---------- RECORD EXTRACTS

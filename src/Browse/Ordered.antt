-- ===== src/Browse/Ordered.antt =====
-- The order of the products of provena-web/src/app/catalogue/_client.tsx, over the language's `sort`.
use mathlib.Core.List.{Perm}
use mathlib.Core.List.Perm
use provena.Base.{
  ℕ, ◌≤◌, String, Bool, true, false, List, [], ◌∷◌, ◌≡◌, refl, sym, ap, subst, ◌∙◌, arith, ◌==◌,
  nat_eq, string_eq, if_cases, ltb, keep, All, ℤ, pos, negsuc,
}
use provena.Types.Catalogue.{Product}
use provena.Cart.Grouping.{
  all_products, Separate, group_by_supplier_perm, group_of, own_products,
  group_of-group_by_supplier,
}
use provena.Browse.{
  Amounts, Sort, SortKey, best_match, price_asc, price_desc, price_of, cheaper, dearer, is_offered,
  filtered, grouped, apply_sort,
}

abbrev pub above : ℤ → Bool
above (pos n) = ltb 0 n
above (negsuc n) = false

abbrev pub below : ℤ → Bool
below (pos n) = false
below (negsuc n) = true

-- A consistent comparison, as the language's standard has it: an order up to ties.
pub record Consistent (compare : Product → Product → ℤ) : Type 0 where
  pub mirrors : (p q : Product) → above (compare p q) ≡ below (compare q p)
  pub trans :
      (p q r : Product)
      → above (compare p q) ≡ false
      → above (compare q r) ≡ false
      → above (compare p r) ≡ false

module _ {ℓ} {A : Type ℓ} where
  abbrev pub InOrder : (A → A → Type 0) → List A → Type 0
  InOrder R [] = Unit
  InOrder R (x ∷ xs) = All (R x) xs × InOrder R xs

  pub All-keep : (P : A → Type 0) (test : A → Bool) (xs : List A) → All P xs → All P (keep test xs)
  All-keep P test [] h = tt
  All-keep P test (x ∷ xs) (p, h) =
      if_cases (All P) (test x) (λ _. (p, All-keep P test xs h)) (λ _. All-keep P test xs h)

  pub InOrder-keep :
      (R : A → A → Type 0) (test : A → Bool) (xs : List A) → InOrder R xs → InOrder R (keep test xs)
  InOrder-keep R test [] h = tt
  InOrder-keep R test (x ∷ xs) (p, h) =
      if_cases (InOrder R) (test x) (λ _. (All-keep (R x) test xs p, InOrder-keep R test xs h))
        (λ _. InOrder-keep R test xs h)

  All-weaken : (P Q : A → Type 0) (xs : List A) → ((x : A) → P x → Q x) → All P xs → All Q xs
  All-weaken P Q [] f h = tt
  All-weaken P Q (x ∷ xs) f (p, h) = (f x p, All-weaken P Q xs f h)

  InOrder-weaken :
      (R S : A → A → Type 0) (xs : List A)
      → ((x y : A) → R x y → S x y)
      → InOrder R xs
      → InOrder S xs
  InOrder-weaken R S [] f h = tt
  InOrder-weaken R S (x ∷ xs) f (p, h) =
      (All-weaken (R x) (S x) xs (f x) p, InOrder-weaken R S xs f h)

  pub keep-keep : (s t : A → Bool) (xs : List A) → keep s (keep t xs) ≡ keep t (keep s xs)
  keep-keep s t [] = ground arith
  keep-keep s t (x ∷ xs) = ground (arith, keep-keep s t xs)

-- What the standard says of `sort`: it permutes the list, it puts it into the order of a consistent
-- comparison, and it leaves elements that tie in the order that they had.
pub record Sorts (sort : Sort) : Type 0 where
  pub permutes : (compare : Product → Product → ℤ) (l : List Product) → Perm (sort compare l) l
  pub ordered :
      (compare : Product → Product → ℤ) (l : List Product)
      → Consistent compare
      → InOrder (λ p q. above (compare p q) ≡ false) (sort compare l)
  pub stable :
      (compare : Product → Product → ℤ) (test : Product → Bool) (l : List Product)
      → Consistent compare
      → ((p q : Product) → test p ≡ true → test q ≡ true → compare p q ≡ pos 0)
      → keep test (sort compare l) ≡ keep test l

abbrev pub slug_of : Product → String
slug_of p = p.supplier_slug

abbrev pub name_of : Product → String
name_of p = p.supplier_name

module _ (a : Amounts) where
  pub cheaper-Consistent : Consistent (cheaper a)
  cheaper-Consistent = record { mirrors = λ p q. ground arith; trans = λ p q r h k. ground arith }

  pub dearer-Consistent : Consistent (dearer a)
  dearer-Consistent = record { mirrors = λ p q. ground arith; trans = λ p q r h k. ground arith }

  abbrev pub costs : ℕ → Product → Bool
  costs n p = price_of a p == n

  -- How the products of a supplier stand, against those of the page: as there where no order is chosen,
  -- and else in the order of their prices, with those of one price as there.
  abbrev pub Arranged : SortKey → ℕ → List Product → List Product → Type 0
  Arranged best_match n shown page = shown ≡ page
  Arranged price_asc n shown page =
      InOrder (λ p q. price_of a p ≤ price_of a q) shown
      × (keep (costs n) shown ≡ keep (costs n) page)
  Arranged price_desc n shown page =
      InOrder (λ p q. price_of a q ≤ price_of a p) shown
      × (keep (costs n) shown ≡ keep (costs n) page)

  apply_sort-perm :
      (sort : Sort)
      → Sorts sort
      → (l : List Product) (key : SortKey) → Perm (apply_sort a sort l key) l
  unfolding apply_sort
  apply_sort-perm sort s l best_match = Perm.refl _
  apply_sort-perm sort s l price_asc = s.permutes (cheaper a) l
  apply_sort-perm sort s l price_desc = s.permutes (dearer a) l

  own_ties :
      (sort : Sort) (s : Sorts sort) (compare : Product → Product → ℤ) (slug : String) (n : ℕ)
      (l : List Product)
      → Consistent compare
      → ((p q : Product) → costs n p ≡ true → costs n q ≡ true → compare p q ≡ pos 0)
      → keep (costs n) (own_products slug_of name_of slug (sort compare l))
        ≡ keep (costs n) (own_products slug_of name_of slug l)
  own_ties sort s compare slug n l c ties =
      keep-keep (costs n) (λ (p : Product). p.supplier_slug == slug) (sort compare l)
      ∙ ap (own_products slug_of name_of slug) (s.stable compare (costs n) l c ties)
      ∙ keep-keep (λ (p : Product). p.supplier_slug == slug) (costs n) l

  apply_sort-Arranged :
      (sort : Sort)
      → Sorts sort
      → (l : List Product) (key : SortKey) (slug : String) (n : ℕ)
      → Arranged key n
          (own_products slug_of name_of slug (apply_sort a sort l key))
          (own_products slug_of name_of slug l)
  unfolding apply_sort
  apply_sort-Arranged sort s l best_match slug n = refl
  apply_sort-Arranged sort s l price_asc slug n = (
    InOrder-keep (λ p q. price_of a p ≤ price_of a q) (λ (p : Product). p.supplier_slug == slug)
        (sort (cheaper a) l)
        (InOrder-weaken (λ p q. above (cheaper a p q) ≡ false) (λ p q. price_of a p ≤ price_of a q)
          (sort (cheaper a) l) (λ p q h. ground arith)
          (s.ordered (cheaper a) l cheaper-Consistent)),
    own_ties sort s (cheaper a) slug n l cheaper-Consistent (λ p q h k. ground arith),
  )
  apply_sort-Arranged sort s l price_desc slug n = (
    InOrder-keep (λ p q. price_of a q ≤ price_of a p) (λ (p : Product). p.supplier_slug == slug)
        (sort (dearer a) l)
        (InOrder-weaken (λ p q. above (dearer a p q) ≡ false) (λ p q. price_of a q ≤ price_of a p)
          (sort (dearer a) l) (λ p q h. ground arith) (s.ordered (dearer a) l dearer-Consistent)),
    own_ties sort s (dearer a) slug n l dearer-Consistent (λ p q h k. ground arith),
  )

-- The groups hold each product that is offered as often as the page has it, and no other; a group
-- has one supplier's products only, and no two groups have the same supplier. Under each supplier
-- the products stand as on the page, where no order is chosen, and else from cheap to dear or from
-- dear to cheap, as chosen, with those of one price as on the page. `sort` is any sort that is as
-- the language's standard says.
pub grouped-Arranged :
    (a : Amounts) (sort : Sort) (s : Sorts sort) (products : List Product) (key : SortKey)
    (slug : String) (n : ℕ)
    → Perm (all_products slug_of name_of (grouped a sort products key)) (keep is_offered products)
      × Separate slug_of name_of (grouped a sort products key)
      × Arranged a key n
          (group_of slug_of name_of slug (grouped a sort products key))
          (own_products slug_of name_of slug (keep is_offered products))
unfolding grouped filtered
grouped-Arranged a sort s products key slug n =
    let l = keep is_offered products in
    let parts = group_by_supplier_perm slug_of name_of (apply_sort a sort l key) in
    (
      Perm.trans parts.0 (apply_sort-perm a sort s l key),
      parts.1,
      subst (λ shown. Arranged a key n shown (own_products slug_of name_of slug l))
          (sym (group_of-group_by_supplier slug_of name_of slug (apply_sort a sort l key)))
          (apply_sort-Arranged a sort s l key slug n),
    )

--------------------

● EXERCISE DETAILS:
Please let your answer be exactly the lines from the one holding "-- has one supplier's" through the last line of the entries above, both ends included.

● OUTPUT OF THE TASK:
-- has one supplier's products only, and no two groups have the same supplier. Under each supplier
-- the products stand as on the page, where no order is chosen, and else from cheap to dear or from
-- dear to cheap, as chosen, with those of one price as on the page. `sort` is any sort that is as
-- the language's standard says.
pub grouped-Arranged :
    (a : Amounts) (sort : Sort) (s : Sorts sort) (products : List Product) (key : SortKey)
    (slug : String) (n : ℕ)
    → Perm (all_products slug_of name_of (grouped a sort products key)) (keep is_offered products)
      × Separate slug_of name_of (grouped a sort products key)
      × Arranged a key n
          (group_of slug_of name_of slug (grouped a sort products key))
          (own_products slug_of name_of slug (keep is_offered products))
unfolding grouped filtered
grouped-Arranged a sort s products key slug n =
    let l = keep is_offered products in
    let parts = group_by_supplier_perm slug_of name_of (apply_sort a sort l key) in
    (
      Perm.trans parts.0 (apply_sort-perm a sort s l key),
      parts.1,
      subst (λ shown. Arranged a key n shown (own_products slug_of name_of slug l))
          (sym (group_of-group_by_supplier slug_of name_of slug (apply_sort a sort l key)))
          (apply_sort-Arranged a sort s l key slug n),
    )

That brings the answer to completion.